**MATERIAL PROVIDED**
--*--
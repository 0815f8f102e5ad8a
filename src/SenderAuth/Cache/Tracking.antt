-- ===== src/SenderAuth/Cache/Tracking.antt =====
-- The map and the queue of `verifier` hold the same names, each once, and at most `cacheMax`.
use elec_postal.Base.{
  ℕ, suc, ◌≤◌, ◌<◌, ◌≡◌, refl, ap, ◌∙◌, true, false, ◌||◌, some, List, [], ◌∷◌, ◌++◌, arith,
  Bool-cases, inl, inr, length, length-append, leb, if◌then◌else◌,
}
use elec_postal.Text.{Text, text_eq, text_eq_iff, member}
use elec_postal.SenderAuth.State.{Answer, records, not_found, failed}
use elec_postal.SenderAuth.Cache.{
  Entry, Cache, empty, keys, put, delete, evict_oldest, make_room, store, remember, cache_max,
}

-- no name twice
abbrev pub Distinct : List Text → Type 0
Distinct [] = Unit
Distinct (n ∷ ns) = (member n ns ≡ false) × Distinct ns

pub record IsTracked (c : Cache) : Type 0 where
  pub same : keys c.entries ≡ c.order
  pub distinct : Distinct c.order
  pub bounded : length c.order ≤ cache_max

keys-put :
    (name : Text) (e : Entry) (l : List (Text × Entry))
    → keys (put name e l) ≡ (if member name (keys l) then keys l else keys l ++ name ∷ [])
unfolding put member
keys-put name e [] = refl
keys-put name e ((k, x) ∷ l) =
    ground (arith, keys-put name e l, text_eq_iff k name, text_eq_iff name k)

length-keys : (l : List (Text × Entry)) → length (keys l) ≡ length l
length-keys [] = refl
length-keys ((k, e) ∷ l) = ap suc (length-keys l)

delete_absent :
    (name : Text) (l : List (Text × Entry)) → member name (keys l) ≡ false → delete name l ≡ l
unfolding delete member
delete_absent name [] h = refl
delete_absent name ((k, e) ∷ l) h =
    ground (arith, delete_absent name l, text_eq_iff k name, text_eq_iff name k)

member-append :
    (m : Text) (ns : List Text) (n : Text) → member m (ns ++ n ∷ []) ≡ (member m ns || text_eq m n)
unfolding member
member-append m [] n = ground arith
member-append m (x ∷ ns) n = ground (arith, member-append m ns n)

Distinct-append :
    (ns : List Text) (n : Text) → Distinct ns → member n ns ≡ false → Distinct (ns ++ n ∷ [])
unfolding member
Distinct-append [] n d h = (refl, tt)
Distinct-append (x ∷ ns) n d h = (
  ground (arith, member-append x ns n, text_eq_iff x n, text_eq_iff n x),
  Distinct-append ns n d.1 (ground (arith, h)),
)

abbrev cache_of : List (Text × Entry) → List Text → Cache
cache_of l q = record { entries = l; order = q }

-- What making room for a new name leaves: a tracked cache that is not full, with no new name.
record HasRoom (c c' : Cache) : Type 0 where
  tracked : IsTracked c'
  room : length c'.order < cache_max
  fewer : (m : Text) → member m c.order ≡ false → member m c'.order ≡ false

room-full :
    (l : List (Text × Entry)) (q : List Text)
    → IsTracked (cache_of l q)
    → leb cache_max (length l) ≡ true
    → (c' : Cache) × (evict_oldest q (cache_of l q) ≡ some c') × HasRoom (cache_of l q) c'
unfolding evict_oldest member delete
room-full [] q t h = absurd (ground arith)
room-full ((k, e) ∷ l) [] t h = absurd (cc (t.same))
room-full ((k, e) ∷ l) (o ∷ q) t h =
    let head : k ≡ o = cc t.same in
    let tail : keys l ≡ q = cc t.same in
    let absent : member o (keys l) ≡ false = rw tail t.distinct.0 in
    (
      cache_of l q,
      ground (arith, head, text_eq_iff k o, delete_absent o l absent),
      record {
        tracked = record { same = tail; distinct = t.distinct.1; bounded = omega arith };
        room = omega arith;
        fewer = λ m n. ground (arith, n);
      },
    )

room-free : (c : Cache) → IsTracked c → leb cache_max (length c.entries) ≡ false → HasRoom c c
room-free c t h = record {
  tracked = t;
  room = ground (arith, length-keys c.entries, ap length t.same);
  fewer = λ m n. n;
}

make_room-HasRoom :
    (c : Cache) → IsTracked c → (c' : Cache) × (make_room c ≡ some c') × HasRoom c c'
unfolding make_room
make_room-HasRoom c t = elim (Bool-cases (leb cache_max (length c.entries))) [
  | inl full ↦ rw full (room-full c.entries c.order t full)
  | inr free ↦ rw free (c, refl, room-free c t free)
]

put-IsTracked :
    (c : Cache) (name : Text) (e : Entry)
    → IsTracked c
    → member name (keys c.entries) ≡ true
    → IsTracked (record c { entries = put name e c.entries })
put-IsTracked c name e t h = record {
  same = keys-put name e c.entries ∙ rw h t.same;
  distinct = t.distinct;
  bounded = t.bounded;
}

add-IsTracked :
    (c : Cache) (name : Text) (e : Entry)
    → IsTracked c
    → length c.order < cache_max
    → member name c.order ≡ false
    → IsTracked (record { entries = put name e c.entries; order = c.order ++ name ∷ [] })
add-IsTracked c name e t r h = record {
  same = keys-put name e c.entries ∙ rw (t.same, h);
  distinct = Distinct-append c.order name t.distinct h;
  bounded = omega (arith, length-append c.order (name ∷ []));
}

-- Storing an entry succeeds in a tracked cache and leaves it tracked.
pub store-IsTracked :
    (name : Text) (e : Entry) (c : Cache)
    → IsTracked c
    → (c' : Cache) × (store name e c ≡ some c') × IsTracked c'
unfolding store
store-IsTracked name e c t = elim (Bool-cases (member name (keys c.entries))) [
  | inl old ↦
      rw old (record c { entries = put name e c.entries }, refl, put-IsTracked c name e t old)
  | inr new ↦
      let (c', made, r) = make_room-HasRoom c t in
      rw (new, made)
        (
          record { entries = put name e c'.entries; order = c'.order ++ name ∷ [] },
          refl,
          add-IsTracked c' name e r.tracked r.room (r.fewer name (rw t.same at new)),
        )
]

-- From a tracked cache the second half of `lookupTXT` never reads the head of an empty queue, and
-- it leaves a tracked cache: the map and the queue hold the same names, each once, and at most
-- `cacheMax`.
pub remember-IsTracked :
    (now : ℕ) (name : Text) (answer : Answer) (c : Cache)
    → IsTracked c
    → (c' : Cache) × (remember now name answer c ≡ some c') × IsTracked c'
unfolding remember
remember-IsTracked now name (records rs) c t = store-IsTracked name _ c t
remember-IsTracked now name not_found c t = store-IsTracked name _ c t
remember-IsTracked now name failed c t = (c, refl, t)

pub empty-IsTracked : IsTracked empty
empty-IsTracked = record { same = refl; distinct = tt; bounded = omega arith }
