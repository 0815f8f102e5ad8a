-- ===== src/SenderAuth/Cache/History.antt =====
-- Where the answers in the cache of `verifier` come from, whatever threads fill it.
use mathlib.Core.Path.{subst}
use elec_postal.Base.{
  ℕ, ◌+◌, ◌<◌, ◌≡◌, ◌⊎◌, refl, sym, ap, ◌∙◌, none, some, List, [], ◌∷◌, ◌++◌, arith, Bool-cases,
  Option-cases, inl, inr, length, leb, if◌then◌else◌,
}
use elec_postal.Text.{Text, text_eq, text_eq_iff, member}
use elec_postal.SenderAuth.State.{Answer, records, not_found, failed}
use elec_postal.SenderAuth.Cache.Tracking.{IsTracked, empty-IsTracked, remember-IsTracked}
use elec_postal.SenderAuth.Cache.{
  Entry, Cache, empty, keys, lookup, put, delete, evict_oldest, make_room, store, remember, ttl,
  cached, cache_max,
}

lookup-put :
    (m name : Text) (e : Entry) (l : List (Text × Entry))
    → lookup m (put name e l) ≡ (if text_eq name m then some e else lookup m l)
unfolding lookup put
lookup-put m name e [] = refl
lookup-put m name e ((k, x) ∷ l) =
    ground (arith, lookup-put m name e l, text_eq_iff k name, text_eq_iff name m, text_eq_iff k m)

lookup-delete :
    (m name : Text) (l : List (Text × Entry))
    → lookup m (delete name l) ≡ (if text_eq name m then none else lookup m l)
unfolding lookup delete
lookup-delete m name [] = ground arith
lookup-delete m name ((k, x) ∷ l) =
    ground (arith, lookup-delete m name l, text_eq_iff k name, text_eq_iff name m, text_eq_iff k m)

-- One answer of the resolver to one thread.
pub record Reply : Type 0 where
  pub asked : ℕ
  pub name : Text
  pub answer : Answer

abbrev pub In : Reply → List Reply → Type 0
In r [] = ⊥
In r (x ∷ xs) = (r ≡ x) ⊎ In r xs

-- The caches that arise when threads hand in these replies, the last one first, in any order that
-- the lock gives them; replies may come late, with a time read before other threads' replies.
pub data Reach : List Reply → Cache → Type 0 where
  start : Reach [] empty
  reply :
      {h : List Reply} {c c' : Cache} (r : Reply)
      → Reach h c
      → remember r.asked r.name r.answer c ≡ some c'
      → Reach (r ∷ h) c'

-- Every reachable cache is tracked.
pub Reach-IsTracked : {h : List Reply} {c : Cache} → Reach h c → IsTracked c
Reach-IsTracked start = empty-IsTracked
Reach-IsTracked (reply {c = c} r before e) =
    let (c', made, t) = remember-IsTracked r.asked r.name r.answer c (Reach-IsTracked before) in
    subst IsTracked (cc (made, e)) t

-- The entry is the answer to this name in some reply, kept for its time.
abbrev Source : List Reply → Text → Entry → Type 0
Source h name e =
    (r : Reply) × In r h
    × (r.name ≡ name)
    × (r.answer ≡ e.answer)
    × ((t : ℕ) × (ttl e.answer ≡ some t) × (e.expires ≡ r.asked + t))

abbrev Sourced : List Reply → List (Text × Entry) → Type 0
Sourced h l = (m : Text) (e : Entry) → lookup m l ≡ some e → Source h m e

weaken : (x : Reply) (h : List Reply) (l : List (Text × Entry)) → Sourced h l → Sourced (x ∷ h) l
weaken x h l s m e p = let (r, i, n, a, t) = s m e p in (r, inr i, n, a, t)

Sourced-delete :
    (h : List Reply) (name : Text) (l : List (Text × Entry))
    → Sourced h l
    → Sourced h (delete name l)
Sourced-delete h name l s m e p = s m e (ground (arith, lookup-delete m name l))

Sourced-put :
    (h : List Reply) (name : Text) (x : Entry) (l : List (Text × Entry))
    → Sourced h l
    → Source h name x
    → Sourced h (put name x l)
Sourced-put h name x l s new m e p = elim (Bool-cases (text_eq name m)) [
  | inl same ↦
      subst (λ n. Source h n e) ((text_eq_iff name m).0 same)
        (subst (Source h name) (ground (arith, lookup-put m name x l)) new)
  | inr other ↦ s m e (ground (arith, lookup-put m name x l))
]

carry : (h : List Reply) (a b : Cache) → some a ≡ some b → Sourced h a.entries → Sourced h b.entries
carry h a b e s = let same : a ≡ b = cc e in subst (λ (k : Cache). Sourced h k.entries) same s

Sourced-evict :
    (h : List Reply) (c c' : Cache) (q : List Text)
    → Sourced h c.entries
    → evict_oldest q c ≡ some c'
    → Sourced h c'.entries
unfolding evict_oldest
Sourced-evict h c c' [] s e = absurd (cc e)
Sourced-evict h c c' (o ∷ q) s e =
    carry h (record { entries = delete o c.entries; order = q }) c' e
      (Sourced-delete h o c.entries s)

Sourced-room :
    (h : List Reply) (c c' : Cache)
    → Sourced h c.entries
    → make_room c ≡ some c'
    → Sourced h c'.entries
unfolding make_room
Sourced-room h c c' s e = elim (Bool-cases (leb cache_max (length c.entries))) [
  | inl full ↦ Sourced-evict h c c' c.order s (rw full at e)
  | inr free ↦ carry h c c' (rw free at e) s
]

Sourced-store :
    (h : List Reply) (name : Text) (x : Entry) (c c' : Cache)
    → Sourced h c.entries
    → Source h name x
    → store name x c ≡ some c'
    → Sourced h c'.entries
unfolding store
Sourced-store h name x c c' s new e = elim (Bool-cases (member name (keys c.entries))) [
  | inl old ↦
      carry h (record c { entries = put name x c.entries }) c' (rw old at e)
        (Sourced-put h name x c.entries s new)
  | inr fresh_name ↦ elim (Option-cases (make_room c)) [
    | inl full ↦ absurd (cc (rw (fresh_name, full) at e))
    | inr (room, made) ↦
        carry h (record { entries = put name x room.entries; order = room.order ++ name ∷ [] }) c'
          (rw (fresh_name, made) at e)
          (Sourced-put h name x room.entries (Sourced-room h c room s made) new)
  ]
]

Sourced-remember :
    (h : List Reply) (r : Reply) (answer : Answer) (c c' : Cache)
    → r.answer ≡ answer
    → Sourced h c.entries
    → remember r.asked r.name answer c ≡ some c'
    → Sourced (r ∷ h) c'.entries
unfolding remember
Sourced-remember h r (records rs) c c' a s e =
    Sourced-store (r ∷ h) r.name _ c c' (weaken r h c.entries s)
      (r, inl refl, refl, a, (300, refl, refl)) e
Sourced-remember h r not_found c c' a s e =
    Sourced-store (r ∷ h) r.name _ c c' (weaken r h c.entries s)
      (r, inl refl, refl, a, (60, refl, refl)) e
Sourced-remember h r failed c c' a s e = carry (r ∷ h) c c' e (weaken r h c.entries s)

Reach-Sourced : {h : List Reply} {c : Cache} → Reach h c → Sourced h c.entries
unfolding lookup
Reach-Sourced start = λ m e p. cc p
Reach-Sourced (reply {h = h} {c = c} {c' = c'} r before e) =
    Sourced-remember h r r.answer c c' refl (Reach-Sourced before) e

-- A hit is never stale: whatever replies the threads have handed in, an answer that the cache gives
-- for a name at a time is one that the resolver gave for that name, asked for less than 300
-- seconds before if it holds records and less than 60 if there were none; it is no transient error.
pub cached-Source :
    {h : List Reply} {c : Cache} (now : ℕ) (name : Text) (answer : Answer)
    → Reach h c
    → cached now name c ≡ some answer
    → (r : Reply) × In r h
      × (r.name ≡ name)
      × (r.answer ≡ answer)
      × ((t : ℕ) × (ttl answer ≡ some t) × (now < r.asked + t))
unfolding cached
cached-Source {c = c} now name answer reached hit = elim (Option-cases (lookup name c.entries)) [
  | inl absent ↦ absurd (cc (rw absent at hit))
  | inr (e, found) ↦
      let (r, i, n, a, t) = Reach-Sourced reached name e found in
      let same : e.answer ≡ answer = ground (arith, rw found at hit) in
      (r, i, n, a ∙ same, (t.0, ap ttl (sym same) ∙ t.1, ground (arith, t.2, rw found at hit)))
]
--*--
**WORK INSTRUCTIONS**
Above are the records; from them, give again exactly the lines from the one containing "pub asked : ℕ" through the one containing "-- The caches", both included.

**EXPECTED ANSWER**
  pub asked : ℕ
  pub name : Text
  pub answer : Answer

abbrev pub In : Reply → List Reply → Type 0
In r [] = ⊥
In r (x ∷ xs) = (r ≡ x) ⊎ In r xs

-- The caches that arise when threads hand in these replies, the last one first, in any order that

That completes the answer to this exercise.